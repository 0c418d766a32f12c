-- ===== src/Audit.antt =====
-- The audit of saved solutions: audit/.
pub mod Models
pub mod Reuse
pub mod Runner
pub mod Judge
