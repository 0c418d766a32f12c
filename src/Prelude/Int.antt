-- ===== src/Prelude/Int.antt =====
-- Python's integers where a value may be negative, over the native numbers.
use Prim.Native.Nat.{ℕ, zero, suc}
use mathlib.Core.Bool.{Bool, true}
use de_framework.Prelude.Tests.{ltb}

-- `negsuc n` is -(n + 1).
pub data ℤ : Type 0 where
  pos : ℕ → ℤ
  negsuc : ℕ → ℤ

-- n - 1, which is negative at 0.
abbrev pub pred_ℤ : ℕ → ℤ
pred_ℤ zero = negsuc 0
pred_ℤ (suc n) = pos n

-- n > z
abbrev pub exceeds : ℕ → ℤ → Bool
exceeds n (pos t) = ltb t n
exceeds n (negsuc t) = true
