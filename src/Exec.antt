-- ===== src/Exec.antt =====
-- Methods that mutate an object and may raise. What was written before a raise stays written, so
-- the state comes back beside the error too. `Error` has a constructor for each exception class
-- that the program raises or handles by its class; messages are not modelled.
use de_framework.Prelude.{
  ℕ, ◌≡◌, refl, ◌⊎◌, inl, inr, Bool, true, false, Option, if◌then◌else◌, if_elim, subst, sym,
}

pub data Error : Type 0 where
  value_error runtime_error key_error permission_error : Error
  connection_error timeout_error spend_limit_error cli_not_found_error : Error
  file_exists_error file_not_found_error attempt_already_running : Error
  cancelled arithmetic_error other_error : Error
  rate_limit_error : Option ℕ → Error

pub data Result {ℓ} (A : Type ℓ) : Type ℓ where
  ok : A → Result A
  err : Error → Result A

abbrev pub after {ℓ κ} : {A : Type ℓ} {B : Type κ} → Result A → (A → Result B) → Result B
after (ok a) f = f a
after (err e) f = err e

-- Inversion of a chain that returns.
pub after-ok {ℓ κ} :
    {A : Type ℓ} {B : Type κ} (r : Result A) (f : A → Result B) (b : B)
    → after r f ≡ ok b
    → (a : A) × (r ≡ ok a) × (f a ≡ ok b)
after-ok (ok a) f b h = (a, refl, h)
after-ok (err e) f b h = cc

pub ok_inj {ℓ} : {A : Type ℓ} (a b : A) → ok a ≡ ok b → a ≡ b
ok_inj a b h = cc

-- `raise` unless the test holds.
abbrev pub require : Bool → Error → Result (Unit {0})
require true e = ok tt
require false e = err e

pub require_ok : (b : Bool) (e : Error) → require b e ≡ ok tt → b ≡ true
require_ok true e h = refl
require_ok false e h = cc

-- Cancellation is no `Exception`.
abbrev pub is_cancelled : Error → Bool
is_cancelled cancelled = true
is_cancelled _ = false

abbrev pub Exec {ℓ} : Type ℓ → Type ℓ → Type ℓ
Exec S A = S → Result A × S

module _ {ℓ} {S A : Type ℓ} where
  abbrev pub pure : A → Exec S A
  pure a s = (ok a, s)

  abbrev pub raise : Error → Exec S A
  raise e s = (err e, s)

  abbrev pub lift : Result A → Exec S A
  lift r s = (r, s)

  abbrev pub gets : (S → A) → Exec S A
  gets f s = (ok (f s), s)

module _ {ℓ} {S A B : Type ℓ} where
  abbrev pub proceed : Result A → (A → Exec S B) → Exec S B
  proceed (ok a) f s = f a s
  proceed (err e) f s = (err e, s)

  infixl 10 ◌>>=◌ ◌>>◌
  abbrev pub ◌>>=◌ : Exec S A → (A → Exec S B) → Exec S B
  ◌>>=◌ m f s = let (r, s') = m s in proceed r f s'

  abbrev pub ◌>>◌ : Exec S A → Exec S B → Exec S B
  m >> n = m >>= λ _. n

abbrev pub modify {ℓ} : {S : Type ℓ} → (S → S) → Exec S (Unit {ℓ})
modify f s = (ok tt, f s)

module _ {ℓ} {A : Type ℓ} where
  pub Result-cases : (r : Result A) → ((a : A) × (r ≡ ok a)) ⊎ ((e : Error) × (r ≡ err e))
  Result-cases (ok a) = inl (a, refl)
  Result-cases (err e) = inr (e, refl)

-- What holds of the result and the state where an action returns, and of the state where it raises.
abbrev pub Ends {ℓ κ} : {S A : Type ℓ} → (A → S → Type κ) → (S → Type κ) → Result A → S → Type κ
Ends Q R (ok a) s = Q a s
Ends Q R (err e) s = R s

pub record Outcome {ℓ κ} {S A : Type ℓ} (Q : A → S → Type κ) (R : S → Type κ) (p : Result A × S)
    : Type κ where
  pub ends : Ends Q R p.0 p.1

module _ {ℓ κ} {S A : Type ℓ} {Q : A → S → Type κ} {R : S → Type κ} where
  pub return-Outcome : {a : A} {s : S} → Q a s → Outcome Q R (ok a, s)
  return-Outcome h = record { ends = h }

  pub raise-Outcome : {e : Error} {s : S} → R s → Outcome Q R (err e, s)
  raise-Outcome h = record { ends = h }

  pub lift-Outcome : (r : Result A) {s : S} → ((a : A) → Q a s) → R s → Outcome Q R (r, s)
  lift-Outcome (ok a) h k = return-Outcome (h a)
  lift-Outcome (err e) h k = raise-Outcome k

  -- The same with what the result is.
  pub decide-Outcome :
      (r : Result A) (s : S)
      → ((a : A) → r ≡ ok a → Q a s)
      → ((e : Error) → r ≡ err e → R s)
      → Outcome Q R (r, s)
  decide-Outcome (ok a) s h k = return-Outcome (h a refl)
  decide-Outcome (err e) s h k = raise-Outcome (k e refl)

  pub ok-Outcome : (r : Result A) {a : A} {s : S} → r ≡ ok a → Q a s → Outcome Q R (r, s)
  ok-Outcome r {s = s} e h = subst (λ x. Outcome Q R (x, s)) (sym e) (return-Outcome h)

  pub if-Outcome :
      (b : Bool) {p q : Result A × S}
      → (b ≡ true → Outcome Q R p)
      → (b ≡ false → Outcome Q R q)
      → Outcome Q R (if b then p else q)
  if-Outcome b {p} {q} h k = if_elim (Outcome Q R) b p q h k

  -- The same for a choice between two actions.
  pub branch-Outcome :
      (b : Bool) (m n : Exec S A) (s : S)
      → (b ≡ true → Outcome Q R (m s))
      → (b ≡ false → Outcome Q R (n s))
      → Outcome Q R ((if b then m else n) s)
  branch-Outcome true m n s h k = h refl
  branch-Outcome false m n s h k = k refl

module _ {ℓ κ} {S A B : Type ℓ} {Q : A → S → Type κ} {P : B → S → Type κ} {R : S → Type κ} where
  pub proceed-Outcome :
      (r : Result A) {s : S} {f : A → Exec S B}
      → Outcome Q R (r, s)
      → ((a : A) (s' : S) → Q a s' → Outcome P R (f a s'))
      → Outcome P R (proceed r f s)
  proceed-Outcome (ok a) {s = s} h k = k a s h.ends
  proceed-Outcome (err e) h k = raise-Outcome h.ends

  -- The rule for a `do` block.
  pub bind-Outcome :
      (m : Exec S A) {f : A → Exec S B} (s : S)
      → Outcome Q R (m s)
      → ((a : A) (s' : S) → Q a s' → Outcome P R (f a s'))
      → Outcome P R ((m >>= f) s)
  bind-Outcome m s h k = proceed-Outcome (m s).0 h k

-- An action that never raises, by one account of it, returns what another says of its results.
pub both-Outcome {ℓ} :
    {S A : Type ℓ} {Q P : A → S → Type 0} {R : S → Type 0} (r : Result A) {s : S}
    → Outcome Q R (r, s)
    → Outcome P (λ _. ⊥) (r, s)
    → Outcome (λ a t. Q a t × P a t) (λ _. ⊥) (r, s)
both-Outcome (ok a) h k = return-Outcome (h.ends, k.ends)
both-Outcome (err e) h k = raise-Outcome k.ends

pub weaken-Outcome {ℓ κ} :
    {S A : Type ℓ} {Q P : A → S → Type κ} {R : S → Type κ} (r : Result A) {s : S}
    → ((a : A) (t : S) → Q a t → P a t)
    → Outcome Q R (r, s)
    → Outcome P R (r, s)
weaken-Outcome (ok a) {s} f h = return-Outcome (f a s h.ends)
weaken-Outcome (err e) f h = raise-Outcome h.ends

module _ {ℓ κ} {S A B : Type ℓ} {P : B → S → Type κ} {R : S → Type κ} where
  -- A step that computes a result and leaves the state alone.
  pub step-Outcome :
      (r : Result A) (f : A → Exec S B) (s : S)
      → ((a : A) → r ≡ ok a → Outcome P R (f a s))
      → R s
      → Outcome P R (proceed r f s)
  step-Outcome (ok a) f s h k = h a refl
  step-Outcome (err e) f s h k = raise-Outcome k

module _ {ℓ κ} {S A : Type ℓ} {Q P : A → S → Type κ} {R T : S → Type κ} where
  pub map-Outcome :
      (p : Result A × S)
      → ((a : A) (s : S) → Q a s → P a s)
      → ((s : S) → R s → T s)
      → Outcome Q R p
      → Outcome P T p
  map-Outcome (ok a, s) f g h = return-Outcome (f a s h.ends)
  map-Outcome (err e, s) f g h = raise-Outcome (g s h.ends)

-- Two accounts of one action.
pub and-Outcome {ℓ κ} :
    {S A : Type ℓ} {Q P : A → S → Type κ} {R T : S → Type κ} (p : Result A × S)
    → Outcome Q R p
    → Outcome P T p
    → Outcome (λ a s. Q a s × P a s) (λ s. R s × T s) p
and-Outcome (ok a, s) h k = return-Outcome (h.ends, k.ends)
and-Outcome (err e, s) h k = raise-Outcome (h.ends, k.ends)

------------------------------------------------

* ABOUT THIS TASK *
Respond with only the number of lines in the records that include the word "then".

* EXERCISE ANSWER *
3